Output all of the listing, leaving every line exactly as written.
------
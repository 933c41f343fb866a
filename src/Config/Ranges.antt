-- ===== src/Config/Ranges.antt =====
-- What the settings can be, whatever the environment holds.
use pushboy.Prelude.{
  ℕ, String, ◌≡◌, refl, Bool, false, Option, none, some, Bool-cases, Option-cases, inl, inr,
}
use pushboy.Config.{
  ℤ, pos, is_below, at_least, get_int_env, get_positive_int_env, get_non_negative_int_env,
  get_optional_non_negative_int_env, la_queue_default, load, value_or, non_negative,
}

-- A value that is not negative, and not below a bound.
abbrev pub IsAtLeast : ℕ → ℤ → Type 0
IsAtLeast n v = is_below n v ≡ false

at_least-IsAtLeast :
    (n : ℕ) (default v : ℤ) → IsAtLeast n default → IsAtLeast n (at_least n default v)
at_least-IsAtLeast n default v h = elim (Bool-cases (is_below n v)) [
  | inl e ↦ rw e h
  | inr e ↦ rw e e
]

module _ (lookup_env : String → Option String) (atoi : String → Option ℤ)
    (parse_bool : String → Option Bool) where
  positive :
      (key : String) (default : ℤ)
      → IsAtLeast 1 default
      → IsAtLeast 1 (get_positive_int_env lookup_env atoi parse_bool key default)
  unfolding get_positive_int_env
  positive key default h =
      at_least-IsAtLeast 1 default (get_int_env lookup_env atoi parse_bool key default) h

  not_negative :
      (key : String) (default : ℤ)
      → IsAtLeast 0 default
      → IsAtLeast 0 (get_non_negative_int_env lookup_env atoi parse_bool key default)
  unfolding get_non_negative_int_env
  not_negative key default h =
      at_least-IsAtLeast 0 default (get_int_env lookup_env atoi parse_bool key default) h

  optional_not_negative :
      (o : Option ℤ) (default : ℤ)
      → IsAtLeast 0 default
      → IsAtLeast 0 (value_or default (non_negative o))
  optional_not_negative none default h = h
  optional_not_negative (some v) default h = elim (Bool-cases (is_below 0 v)) [
    | inl e ↦ rw e h
    | inr e ↦ rw e e
  ]

  queue_default :
      (default : ℤ)
      → IsAtLeast 0 default
      → IsAtLeast 0 (la_queue_default lookup_env atoi parse_bool default)
  unfolding get_optional_non_negative_int_env
  queue_default default h = elim (Option-cases (lookup_env "LA_QUEUE_SIZE")) [
    | inl e ↦ rw e h
    | inr (text, e) ↦ rw e (optional_not_negative (atoi text) default h)
  ]

  -- Whatever the environment holds, the batch size and the flush time of the outcome workers, the time
  -- of the shutdown and the pools of clients are at least 1, and the sizes of the queues but the push
  -- lane's job queue, the numbers of requests under way and the number of retries are not negative.
  pub load_ranges :
      let c = load lookup_env atoi parse_bool in
      IsAtLeast 1 c.outcome_batch_size
      × IsAtLeast 1 c.outcome_flush_seconds
      × IsAtLeast 1 c.shutdown_timeout_secs
      × IsAtLeast 1 c.apns_client_pool
      × IsAtLeast 1 c.la_apns_client_pool
      × IsAtLeast 1 c.fcm_client_pool
      × IsAtLeast 1 c.la_fcm_client_pool
      × IsAtLeast 0 c.task_queue_size
      × IsAtLeast 0 c.dlq_queue_size
      × IsAtLeast 0 c.la_job_queue_size
      × IsAtLeast 0 c.la_task_queue_size
      × IsAtLeast 0 c.la_dlq_queue_size
      × IsAtLeast 0 c.apns_max_concurrent
      × IsAtLeast 0 c.la_apns_max_concurrent
      × IsAtLeast 0 c.fcm_max_concurrent
      × IsAtLeast 0 c.la_fcm_max_concurrent
      × IsAtLeast 0 c.max_retry_notification
  unfolding load
  load_ranges =
      let apns = positive "APNS_CLIENT_POOL" (pos 8) refl in
      let apns_max = not_negative "APNS_MAX_CONCURRENT" (pos 0) refl in
      let fcm = positive "FCM_CLIENT_POOL" (pos 4) refl in
      let fcm_max = not_negative "FCM_MAX_CONCURRENT" (pos 360) refl in
      (
        positive "OUTCOME_BATCH_SIZE" (pos 1000) refl,
        positive "OUTCOME_FLUSH_SECONDS" (pos 10) refl,
        positive "SHUTDOWN_TIMEOUT_SECONDS" (pos 120) refl,
        apns,
        positive "LA_APNS_CLIENT_POOL"
            (get_positive_int_env lookup_env atoi parse_bool "APNS_CLIENT_POOL" (pos 8)) apns,
        fcm,
        positive "LA_FCM_CLIENT_POOL"
            (get_positive_int_env lookup_env atoi parse_bool "FCM_CLIENT_POOL" (pos 4)) fcm,
        not_negative "TASK_QUEUE_SIZE" (pos 10000) refl,
        not_negative "DLQ_QUEUE_SIZE" (pos 50000) refl,
        not_negative "LA_JOB_QUEUE_SIZE" (la_queue_default lookup_env atoi parse_bool (pos 1000))
            (queue_default (pos 1000) refl),
        not_negative "LA_TASK_QUEUE_SIZE" (la_queue_default lookup_env atoi parse_bool (pos 5000))
            (queue_default (pos 5000) refl),
        not_negative "LA_DLQ_QUEUE_SIZE" (la_queue_default lookup_env atoi parse_bool (pos 50000))
            (queue_default (pos 50000) refl),
        apns_max,
        not_negative "LA_APNS_MAX_CONCURRENT"
            (get_non_negative_int_env lookup_env atoi parse_bool "APNS_MAX_CONCURRENT" (pos 0))
            apns_max,
        fcm_max,
        not_negative "LA_FCM_MAX_CONCURRENT"
            (get_non_negative_int_env lookup_env atoi parse_bool "FCM_MAX_CONCURRENT" (pos 360))
            fcm_max,
        not_negative "MAX_RETRY_NOTIFICATION" (pos 3) refl,
      )
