-- ===== src/Model.antt =====
-- internal/model: the types that the other packages exchange, and their parsers.
pub mod Push
pub mod LiveActivity
pub mod Task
------
* Solution *
repository 933c41f343fb866a
filename src/Config/Ranges.antt
-- ===== src/Config/Ranges.antt =====
-- What the settings can be, whatever the environment holds.
use pushboy.Prelude.{
  ℕ, String, ◌≡◌, refl, Bool, false, Option, none, some, Bool-cases, Option-cases, inl, inr,
}
use pushboy.Config.{
  ℤ, pos, is_below, at_least, get_int_env, get_positive_int_env, get_non_negative_int_env,
  get_optional_non_negative_int_env, la_queue_default, load, value_or, non_negative,
}

-- A value that is not negative, and not below a bound.
abbrev pub IsAtLeast : ℕ → ℤ → Type 0
IsAtLeast n v = is_below n v ≡ false

at_least-IsAtLeast :
    (n : ℕ) (default v : ℤ) → IsAtLeast n default → IsAtLeast n (at_least n default v)
at_least-IsAtLeast n default v h = elim (Bool-cases (is_below n v)) [
  | inl e ↦ rw e h
  | inr e ↦ rw e e
]

module _ (lookup_env : String → Option String) (atoi : String → Option ℤ)
    (parse_bool : String → Option Bool) where
  positive :
      (key : String) (default : ℤ)
      → IsAtLeast 1 default
      → IsAtLeast 1 (get_positive_int_env lookup_env atoi parse_bool key default)
  unfolding get_positive_int_env
  positive key default h =
      at_least-IsAtLeast 1 default (get_int_env lookup_env atoi parse_bool key default) h

  not_negative :
      (key : String) (default : ℤ)
      → IsAtLeast 0 default
      → IsAtLeast 0 (get_non_negative_int_env lookup_env atoi parse_bool key default)
  unfolding get_non_negative_int_env
  not_negative key default h =
      at_least-IsAtLeast 0 default (get_int_env lookup_env atoi parse_bool key default) h

  optional_not_negative :
      (o : Option ℤ) (default : ℤ)
      → IsAtLeast 0 default
      → IsAtLeast 0 (value_or default (non_negative o))
  optional_not_negative none default h = h
  optional_not_negative (some v) default h = elim (Bool-cases (is_below 0 v)) [
    | inl e ↦ rw e h
    | inr e ↦ rw e e
  ]

  queue_default :
      (default : ℤ)
      → IsAtLeast 0 default
      → IsAtLeast 0 (la_queue_default lookup_env atoi parse_bool default)
  unfolding get_optional_non_negative_int_env
  queue_default default h = elim (Option-cases (lookup_env "LA_QUEUE_SIZE")) [
    | inl e ↦ rw e h
    | inr (text, e) ↦ rw e (optional_not_negative (atoi text) default h)
  ]

  -- Whatever the environment holds, the batch size and the flush time of the outcome workers, the time
  -- of the shutdown and the pools of clients are at least 1, and the sizes of the queues but the push
  -- lane's job queue, the numbers of requests under way and the number of retries are not negative.
  pub load_ranges :
      let c = load lookup_env atoi parse_bool in
      IsAtLeast 1 c.outcome_batch_size
      × IsAtLeast 1 c.outcome_flush_seconds
      × IsAtLeast 1 c.shutdown_timeout_secs
      × IsAtLeast 1 c.apns_client_pool
      × IsAtLeast 1 c.la_apns_client_pool
      × IsAtLeast 1 c.fcm_client_pool
      × IsAtLeast 1 c.la_fcm_client_pool
      × IsAtLeast 0 c.task_queue_size
      × IsAtLeast 0 c.dlq_queue_size
      × IsAtLeast 0 c.la_job_queue_size
      × IsAtLeast 0 c.la_task_queue_size
      × IsAtLeast 0 c.la_dlq_queue_size
      × IsAtLeast 0 c.apns_max_concurrent
      × IsAtLeast 0 c.la_apns_max_concurrent
      × IsAtLeast 0 c.fcm_max_concurrent
      × IsAtLeast 0 c.la_fcm_max_concurrent
      × IsAtLeast 0 c.max_retry_notification
  unfolding load
  load_ranges =
      let apns = positive "APNS_CLIENT_POOL" (pos 8) refl in
      let apns_max = not_negative "APNS_MAX_CONCURRENT" (pos 0) refl in
      let fcm = positive "FCM_CLIENT_POOL" (pos 4) refl in
      let fcm_max = not_negative "FCM_MAX_CONCURRENT" (pos 360) refl in
      (
        positive "OUTCOME_BATCH_SIZE" (pos 1000) refl,
        positive "OUTCOME_FLUSH_SECONDS" (pos 10) refl,
        positive "SHUTDOWN_TIMEOUT_SECONDS" (pos 120) refl,
        apns,
        positive "LA_APNS_CLIENT_POOL"
            (get_positive_int_env lookup_env atoi parse_bool "APNS_CLIENT_POOL" (pos 8)) apns,
        fcm,
        positive "LA_FCM_CLIENT_POOL"
            (get_positive_int_env lookup_env atoi parse_bool "FCM_CLIENT_POOL" (pos 4)) fcm,
        not_negative "TASK_QUEUE_SIZE" (pos 10000) refl,
        not_negative "DLQ_QUEUE_SIZE" (pos 50000) refl,
        not_negative "LA_JOB_QUEUE_SIZE" (la_queue_default lookup_env atoi parse_bool (pos 1000))
            (queue_default (pos 1000) refl),
        not_negative "LA_TASK_QUEUE_SIZE" (la_queue_default lookup_env atoi parse_bool (pos 5000))
            (queue_default (pos 5000) refl),
        not_negative "LA_DLQ_QUEUE_SIZE" (la_queue_default lookup_env atoi parse_bool (pos 50000))
            (queue_default (pos 50000) refl),
        apns_max,
        not_negative "LA_APNS_MAX_CONCURRENT"
            (get_non_negative_int_env lookup_env atoi parse_bool "APNS_MAX_CONCURRENT" (pos 0))
            apns_max,
        fcm_max,
        not_negative "LA_FCM_MAX_CONCURRENT"
            (get_non_negative_int_env lookup_env atoi parse_bool "FCM_MAX_CONCURRENT" (pos 360))
            fcm_max,
        not_negative "MAX_RETRY_NOTIFICATION" (pos 3) refl,
      )
-- ===== src/Model.antt =====
-- internal/model: the types that the other packages exchange, and their parsers.
pub mod Push
pub mod LiveActivity
pub mod Task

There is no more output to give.